And in the old days, the only bloodline that mattered was winning. Bloodlines are only names. Today, instead of winning, look for calm and steady temprmnts. If ma or pa dog aint nice, little cute pup wont grow to be nice. Look for proper standards. Big wide chest and head mean nothing. Look at parents. Do they chest go to elbows? Just read a book on proper standard. Judge from there. And avoid so-called new bloodlines. If they is new, they not real.

And last, if you want a big bad dog that looks strong, find another breed. Because small apbts arent all that impressve until they in action. But they will do more than all those big bad dogs out there. And for apbts, the bigger they is, the less they can really do. And buying from good breeder is only way to help save the breed. More street breeders, more pronlems come. And if you buy from good breeder, you will never regret. You will never settle for less after you have a true apbt as a pet.

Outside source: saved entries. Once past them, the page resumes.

-- ===== src/Monitor/Data.antt =====
-- `_get_data` of tools/monitor.py: the pods of the chosen namespaces, by region, namespace and node.
-- The answers of the Kubernetes API come in as functions; `read_node` may answer otherwise for each
-- pod, by the pod's place in the list.
use sunstorm_xactserver.Base.{
  ℕ, suc, String, Bool, false, Option, none, some, List, [], ◌∷◌, ◌++◌, ◌==◌, string_eq,
  if◌then◌else◌,
}
use sunstorm_xactserver.Base.Dict.{Dict, lookup, insert}
use sunstorm_xactserver.Base.Result.{Result, ok, err, ◌>>=◌}
use sunstorm_xactserver.Config.{MainConfig, NamespaceInfo, ContextError, get_context}
use sunstorm_xactserver.Monitor.{Condition, Pod, compute_status}

-- A pod that is listed: its node, its name, and its status.
pub record PodInfo : Type 0 where
  pub node_name : Option String
  pub name : String
  pub pod : Pod

-- What a cell of a pod shows.
pub record PodCell : Type 0 where
  pub name : String
  pub status : Option String

-- The entries `cpu` and `memory` of a capacity, or `none` for one that is empty.
abbrev pub Capacity : Type 0
Capacity = Option (String × String)

pub record Node : Type 0 where
  pub capacity : Capacity
  pub status : Bool
  pub pods : List PodCell

abbrev pub Nodes : Type 0
Nodes = Dict String Node

-- `capacity or {}` and `conditions or []` of a node's status
pub record NodeInfo : Type 0 where
  pub capacity : Capacity
  pub conditions : List Condition

-- An exception of the API, or a failure of `get_context`.
pub data DataError : Type 0 where
  api_error : DataError
  context_error : ContextError → DataError

pub record Api : Type 0 where
  pub list_pods : String → Option (List PodInfo)
  pub read_node : ℕ → String → Option NodeInfo

-- The value of the `defaultdict`
abbrev new_node : Node
new_node = record { capacity = none; status = false; pods = [] }

abbrev pub or_new : Option Node → Node
or_new none = new_node
or_new (some node) = node

-- The loop over the conditions of a node.
unfoldable pub is_ready : List Condition → Bool → Bool
is_ready [] before = before
is_ready (c ∷ rest) before =
    let later = is_ready rest before in if c.kind == "Ready" then c.status == "True" else later

abbrev pub with_info : Option NodeInfo → Node → Node
with_info none node = node
with_info (some info) node = record node {
  capacity = info.capacity;
  status = is_ready info.conditions node.status;
}

-- The node with its capacity and its status, if it has no capacity yet.
abbrev pub if_none : Capacity → Node → Node → Node
if_none none fresh old = fresh
if_none (some _) fresh old = old

abbrev pub populate : Option NodeInfo → Node → Node
populate answer node = if_none node.capacity (with_info answer node) node

-- `node or "unknown"`
abbrev pub shown_node : Option String → String
shown_node none = "unknown"
shown_node (some name) = if name == "" then "unknown" else name

module _ (api : Api) where
  -- The first half of the loop's body, for a pod that has a node.
  unfoldable pub populate_node : ℕ → Option String → Nodes → Nodes
  unfolding is_ready
  populate_node k none nodes = nodes
  populate_node k (some name) nodes =
      if name == ""
      then nodes
      else insert name (populate (api.read_node k name) (or_new (lookup name nodes))) nodes

  abbrev pub cell_of : PodInfo → PodCell
  cell_of p = record { name = p.name; status = compute_status p.pod }

  abbrev pub add_pod : PodCell → Node → Node
  add_pod cell node = record node { pods = node.pods ++ cell ∷ [] }

  unfoldable pub place_pod : ℕ → PodInfo → Nodes → Nodes
  unfolding populate_node compute_status
  place_pod k p nodes =
      let nodes1 = populate_node k p.node_name nodes in
      let name = shown_node p.node_name in
      insert name (add_pod (cell_of p) (or_new (lookup name nodes1))) nodes1

  unfoldable pub place_all : ℕ → List PodInfo → Nodes → Nodes
  unfolding place_pod
  place_all k [] nodes = nodes
  place_all k (p ∷ pods) nodes = place_all (suc k) pods (place_pod k p nodes)

  -- `get_namespaced_data`, up to its entry in `data`
  unfoldable pub get_namespaced_data : MainConfig → String → NamespaceInfo → Result DataError Nodes
  unfolding place_all get_context
  get_namespaced_data config ns info = elim (get_context config info.region) [
    | err e ↦ err (context_error e)
    | ok _ ↦ elim (api.list_pods ns) [ none ↦ err api_error | some pods ↦ ok (place_all 0 pods []) ]
  ]

  abbrev nodes_or_empty : Option (Dict String Nodes) → Dict String Nodes
  nodes_or_empty none = []
  nodes_or_empty (some d) = d

  -- The tasks of the pool, one after the other, on `data`; the first exception is the pool's.
  unfoldable get_data :
      MainConfig
      → Dict String NamespaceInfo
      → Dict String (Dict String Nodes)
      → Result DataError (Dict String (Dict String Nodes))
  unfolding get_namespaced_data
  get_data config [] data_ = ok data_
  get_data config ((ns, info) ∷ rest) data_ = get_namespaced_data config ns info >>= λ nodes.
      get_data config rest
        (insert info.region (insert ns nodes (nodes_or_empty (lookup info.region data_))) data_)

So before you buy, remember you want to get what you pay for. Feeling sorry for a pup gives no garentees. But if you want real garentee, buy a real apbt. Because if you dont, you never know what you buy. Too many bad ones out there. Dont add another one. Get what you want and what you pay for. Then you always know what you got.


----------



## Hyde (Aug 30, 2011)

Another thing for you young folks or people new to this breed. don't buy a pup off of a breeder who only been at it for a few years. Let people who know the breed do this. When you new to it, it easy for you to be fooled by mere talk. You don't know what to look for.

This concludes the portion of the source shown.